**Information**
* * *
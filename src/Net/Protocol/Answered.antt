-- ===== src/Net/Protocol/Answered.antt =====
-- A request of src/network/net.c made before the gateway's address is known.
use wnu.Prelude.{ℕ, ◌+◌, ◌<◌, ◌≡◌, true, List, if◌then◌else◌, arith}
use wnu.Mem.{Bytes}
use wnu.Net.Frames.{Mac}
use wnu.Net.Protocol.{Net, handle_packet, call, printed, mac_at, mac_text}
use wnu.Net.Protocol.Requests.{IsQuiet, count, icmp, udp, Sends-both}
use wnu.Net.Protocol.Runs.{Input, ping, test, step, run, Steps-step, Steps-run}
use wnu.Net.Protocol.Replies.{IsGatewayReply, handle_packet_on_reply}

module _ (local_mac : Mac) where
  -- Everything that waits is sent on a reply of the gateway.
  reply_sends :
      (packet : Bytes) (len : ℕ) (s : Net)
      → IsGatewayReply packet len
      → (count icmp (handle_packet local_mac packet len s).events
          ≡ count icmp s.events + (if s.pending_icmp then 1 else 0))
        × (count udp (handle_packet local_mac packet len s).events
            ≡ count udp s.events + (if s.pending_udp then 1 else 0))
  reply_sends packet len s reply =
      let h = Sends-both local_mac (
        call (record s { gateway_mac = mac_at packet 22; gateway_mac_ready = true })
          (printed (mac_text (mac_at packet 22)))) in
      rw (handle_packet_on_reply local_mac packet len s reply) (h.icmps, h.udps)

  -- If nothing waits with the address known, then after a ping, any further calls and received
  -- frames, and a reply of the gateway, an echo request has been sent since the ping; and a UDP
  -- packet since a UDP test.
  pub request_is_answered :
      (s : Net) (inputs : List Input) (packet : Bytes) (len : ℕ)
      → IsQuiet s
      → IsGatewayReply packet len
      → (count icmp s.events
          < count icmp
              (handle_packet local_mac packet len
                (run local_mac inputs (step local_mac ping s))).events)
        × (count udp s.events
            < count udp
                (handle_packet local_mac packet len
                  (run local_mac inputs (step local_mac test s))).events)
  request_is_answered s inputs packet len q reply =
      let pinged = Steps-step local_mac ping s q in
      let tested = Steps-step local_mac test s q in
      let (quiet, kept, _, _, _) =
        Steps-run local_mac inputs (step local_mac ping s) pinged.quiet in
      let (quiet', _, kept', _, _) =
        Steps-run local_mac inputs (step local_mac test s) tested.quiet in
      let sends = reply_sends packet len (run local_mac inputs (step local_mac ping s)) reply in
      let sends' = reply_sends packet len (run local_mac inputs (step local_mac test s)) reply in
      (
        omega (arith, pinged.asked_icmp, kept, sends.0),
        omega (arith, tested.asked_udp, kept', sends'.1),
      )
* * *
**Problem to work on**
Your reply needs to reproduce all of the listing exactly.

**Task answer**
filename src/Net/Protocol/Answered.antt
-- ===== src/Net/Protocol/Answered.antt =====
-- A request of src/network/net.c made before the gateway's address is known.
use wnu.Prelude.{ℕ, ◌+◌, ◌<◌, ◌≡◌, true, List, if◌then◌else◌, arith}
use wnu.Mem.{Bytes}
use wnu.Net.Frames.{Mac}
use wnu.Net.Protocol.{Net, handle_packet, call, printed, mac_at, mac_text}
use wnu.Net.Protocol.Requests.{IsQuiet, count, icmp, udp, Sends-both}
use wnu.Net.Protocol.Runs.{Input, ping, test, step, run, Steps-step, Steps-run}
use wnu.Net.Protocol.Replies.{IsGatewayReply, handle_packet_on_reply}

module _ (local_mac : Mac) where
  -- Everything that waits is sent on a reply of the gateway.
  reply_sends :
      (packet : Bytes) (len : ℕ) (s : Net)
      → IsGatewayReply packet len
      → (count icmp (handle_packet local_mac packet len s).events
          ≡ count icmp s.events + (if s.pending_icmp then 1 else 0))
        × (count udp (handle_packet local_mac packet len s).events
            ≡ count udp s.events + (if s.pending_udp then 1 else 0))
  reply_sends packet len s reply =
      let h = Sends-both local_mac (
        call (record s { gateway_mac = mac_at packet 22; gateway_mac_ready = true })
          (printed (mac_text (mac_at packet 22)))) in
      rw (handle_packet_on_reply local_mac packet len s reply) (h.icmps, h.udps)

  -- If nothing waits with the address known, then after a ping, any further calls and received
  -- frames, and a reply of the gateway, an echo request has been sent since the ping; and a UDP
  -- packet since a UDP test.
  pub request_is_answered :
      (s : Net) (inputs : List Input) (packet : Bytes) (len : ℕ)
      → IsQuiet s
      → IsGatewayReply packet len
      → (count icmp s.events
          < count icmp
              (handle_packet local_mac packet len
                (run local_mac inputs (step local_mac ping s))).events)
        × (count udp s.events
            < count udp
                (handle_packet local_mac packet len
                  (run local_mac inputs (step local_mac test s))).events)
  request_is_answered s inputs packet len q reply =
      let pinged = Steps-step local_mac ping s q in
      let tested = Steps-step local_mac test s q in
      let (quiet, kept, _, _, _) =
        Steps-run local_mac inputs (step local_mac ping s) pinged.quiet in
      let (quiet', _, kept', _, _) =
        Steps-run local_mac inputs (step local_mac test s) tested.quiet in
      let sends = reply_sends packet len (run local_mac inputs (step local_mac ping s)) reply in
      let sends' = reply_sends packet len (run local_mac inputs (step local_mac test s)) reply in
      (
        omega (arith, pinged.asked_icmp, kept, sends.0),
        omega (arith, tested.asked_udp, kept', sends'.1),
      )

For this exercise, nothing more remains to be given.